同DNA指紋圖譜和聚類分析相比，MCID法可以將DNA標記得到的遺傳信息轉換為更加直觀、更方便參考的鑒定圖，具有很強的操作性和很高的參考價值。在本研究之前，MCID法已經被用于其他園藝植物的鑒定，如基于SSR 標記的MCID法鑒定花梅品種[16]和利用基于RAPD標記的MCID法鑒定枇杷[17]、蘿卜[18]等，這些研究都表明了MCID法在鑒定品種上的可行性。

本研究利用9對SSR引物進行PCR擴增，根據同一種引物下不同葡萄品種DNA序列長度的多態性來人工繪制植物品種鑒別圖（MCID）對中國自主選育的308個葡萄品種進行鑒定。

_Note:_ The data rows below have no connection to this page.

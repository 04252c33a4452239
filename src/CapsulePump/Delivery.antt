-- ===== src/CapsulePump/Delivery.antt =====
-- What the pump delivers of a stream of encoded capsules.
use skimasque.Prelude.{
  ℕ, zero, suc, ◌+◌, ◌≤◌, ◌<◌, List, [], ◌∷◌, ◌++◌, length, All, Bool, true, ◌==◌, if◌then◌else◌,
}
use skimasque.Prelude.{Option, none, some, ◌≡◌, ◌∙◌, refl, sym, ap, arith, append_assoc, append-nil}
use skimasque.Prelude.Bytes.{BytesCrate}
use skimasque.Capsule.{Capsule, CapsuleDecoder}
use skimasque.Capsule.CapsuleType
use skimasque.Capsule.Encode.{IsEncodable, wire}
use skimasque.Capsule.Decode.{next_capsule_empty}
use skimasque.Capsule.Stream.{next_capsule_pops, push-eq}
use skimasque.Capsule.RoundTrip.{next_capsule-wire}
use skimasque.CapsulePump.{CapsulePump, continue, send_control, route, proceed, push}
use skimasque.CapsulePump.Loop.{loop, route_to, loop_popped, loop_waiting, proceed_continue}
use skimasque.CapsulePump.Chunks.{feed, push_run}

-- The bytes of the capsules, one after the other.
abbrev pub wires : List Capsule → List ℕ
wires [] = []
wires (c ∷ cs) = wire c ++ wires cs

-- The values of the DATAGRAM capsules, in order, and the other capsules.
abbrev pub payloads : List Capsule → List (List ℕ)
payloads [] = []
payloads (c ∷ cs) = if c.kind == CapsuleType.datagram then c.value ∷ payloads cs else payloads cs

abbrev pub others : List Capsule → List Capsule
others [] = []
others (c ∷ cs) = if c.kind == CapsuleType.datagram then others cs else c ∷ others cs

-- A capsule that the peer can encode and the decoder accepts.
pub record IsAccepted (limit : ℕ) (c : Capsule) : Type 0 where
  pub encodable : IsEncodable c
  pub fits : length c.value ≤ limit

abbrev pub with_control : List Capsule → Option (List Capsule) → Option (List Capsule)
with_control cs none = none
with_control cs (some sent) = some (sent ++ cs)

-- The pump after it was sent the capsules.
abbrev pub delivered : List Capsule → CapsulePump → CapsulePump
delivered cs p = record p {
  datagrams = p.datagrams ++ payloads cs;
  control = with_control (others cs) p.control;
}

with_control_nil : (o : Option (List Capsule)) → with_control [] o ≡ o
with_control_nil none = refl
with_control_nil (some sent) = ap some (append-nil sent)

with_control-append :
    (xs ys : List Capsule) (o : Option (List Capsule))
    → with_control ys (with_control xs o) ≡ with_control (xs ++ ys) o
with_control-append xs ys none = refl
with_control-append xs ys (some sent) = ap some (append_assoc sent xs ys)

delivered_nil : (p : CapsulePump) → delivered [] p ≡ p
delivered_nil p = ground (arith, append-nil p.datagrams, with_control_nil p.control)

-- Delivering one capsule and then others is delivering them all.
delivered-cons :
    (c : Capsule) (cs : List Capsule) (p : CapsulePump)
    → delivered cs (delivered (c ∷ []) p) ≡ delivered (c ∷ cs) p
delivered-cons c cs p = ground (
  arith,
  append_assoc p.datagrams (c.value ∷ []) (payloads cs),
  append-nil p.datagrams,
  with_control_nil p.control,
  with_control-append (c ∷ []) (others cs) p.control,
)

module _ ⦃b : BytesCrate⦄ (datagrams_open control_open : ℕ → Bool)
    (d_open : (n : ℕ) → datagrams_open n ≡ true) (c_open : (n : ℕ) → control_open n ≡ true) where
  send_open :
      (c : Capsule) (p : CapsulePump) (o : Option (List Capsule))
      → p.control ≡ o
      → send_control datagrams_open control_open c p o
        ≡ (continue, record p { control = with_control (c ∷ []) o })
  unfolding send_control
  send_open c p none e = ground arith
  send_open c p (some sent) e = ground (arith, c_open (length sent))

  route_open :
      (c : Capsule) (p : CapsulePump)
      → route_to datagrams_open control_open c p ≡ (continue, delivered (c ∷ []) p)
  unfolding route_to route
  route_open c p = ground (
    arith,
    d_open (length p.datagrams),
    with_control_nil p.control,
    append-nil p.datagrams,
    send_open c p p.control refl,
  )

  -- The pump with the given buffer.
  abbrev holding : CapsulePump → ℕ → List ℕ → CapsulePump
  holding p limit buf = record p { decoder = record { buf = buf; max_value_len = limit } }

  loop_delivers :
      (cs : List Capsule) (p : CapsulePump) (limit n : ℕ)
      → All (IsAccepted limit) cs
      → length (wires cs) < n
      → loop datagrams_open control_open n (holding p limit (wires cs))
        ≡ (continue, delivered cs (holding p limit []))
  loop_delivers cs p limit zero h hn = absurd (omega arith)
  loop_delivers [] p limit (suc n) h hn =
      loop_waiting datagrams_open control_open n (holding p limit []) _ (next_capsule_empty limit)
      ∙ ap (λ (q : CapsulePump). (continue, q)) (sym (delivered_nil (holding p limit [])))
  loop_delivers (c ∷ cs) p limit (suc n) (hc, h) hn =
      let rest : CapsuleDecoder = record { buf = wires cs; max_value_len = limit } in
      let popped = next_capsule-wire c (wires cs) limit hc.encodable hc.fits in
      let (shorter, _, _) = next_capsule_pops _ rest c popped in
      loop_popped datagrams_open control_open n (holding p limit (wire c ++ wires cs)) c rest popped
      ∙ ap (proceed (loop datagrams_open control_open n))
          (route_open c (holding p limit (wires cs)))
      ∙ proceed_continue (loop datagrams_open control_open n)
          (delivered (c ∷ []) (holding p limit (wires cs)))
      ∙ loop_delivers cs (delivered (c ∷ []) p) limit n h (omega arith)
      ∙ ap (λ (q : CapsulePump). (continue, q)) (delivered-cons c cs (holding p limit []))

  -- A chunk that is the encodings of acceptable capsules: the pump goes on with an empty buffer,
  -- has sent the values of the DATAGRAM capsules to one queue, in order, and the other capsules
  -- to the control queue, or nowhere when there is none.
  pub push-wires :
      (cs : List Capsule) (p : CapsulePump)
      → p.decoder.buf ≡ []
      → All (IsAccepted p.decoder.max_value_len) cs
      → push datagrams_open control_open p (wires cs) ≡ (continue, delivered cs p)
  unfolding feed
  push-wires cs p empty h =
      let limit : ℕ = p.decoder.max_value_len in
      let n : ℕ = suc (length p.decoder.buf + length (wires cs)) in
      let fed : feed p (wires cs) ≡ holding p limit (wires cs) =
        ap (λ (d : CapsuleDecoder). (let q : CapsulePump = record p { decoder = d } in q))
          (push-eq p.decoder (wires cs)
            ∙ ap
                (λ (t : List ℕ).
                  (let d : CapsuleDecoder = record p.decoder { buf = t ++ wires cs } in d))
                empty) in
      let same : holding p limit [] ≡ p = ap (λ (t : List ℕ). holding p limit t) (sym empty) in
      push_run datagrams_open control_open p (wires cs) n (omega arith)
      ∙ ap (loop datagrams_open control_open n) fed
      ∙ loop_delivers cs p limit n h (omega arith)
      ∙ ap (λ (q : CapsulePump). (continue, delivered cs q)) same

結果表明，最多利用8對引物就可以區分所有品種，同時對這些品種進行了遺傳多樣性分析，以期為我國葡萄品種鑒定、品種保護提供理論依據和參考價值。本研究涉及了我國自主選育的絕大部分葡萄品種，仍有少量品種沒有形成準確可靠的CID圖，將我國自育品種遺傳信息匯總并制作CID圖可以為我國育種者提供更加直觀的信息，對我國育成具有自主知識產權的世界性優良品種有推動作用。此外，許多國外培育的優良葡萄品種均可繪制CID圖，將世界范圍內的優良種質整合到一起，建立起一個以MCID法制成的葡萄品種鑒定信息庫，使分子標記技術更加有效地服務于育種工作，更好地利用現有品種資源開發新品種、新品系，同時還可以應用于種質資源管理和品種保護工作中，對葡萄產業可持續性發展有積極的意義。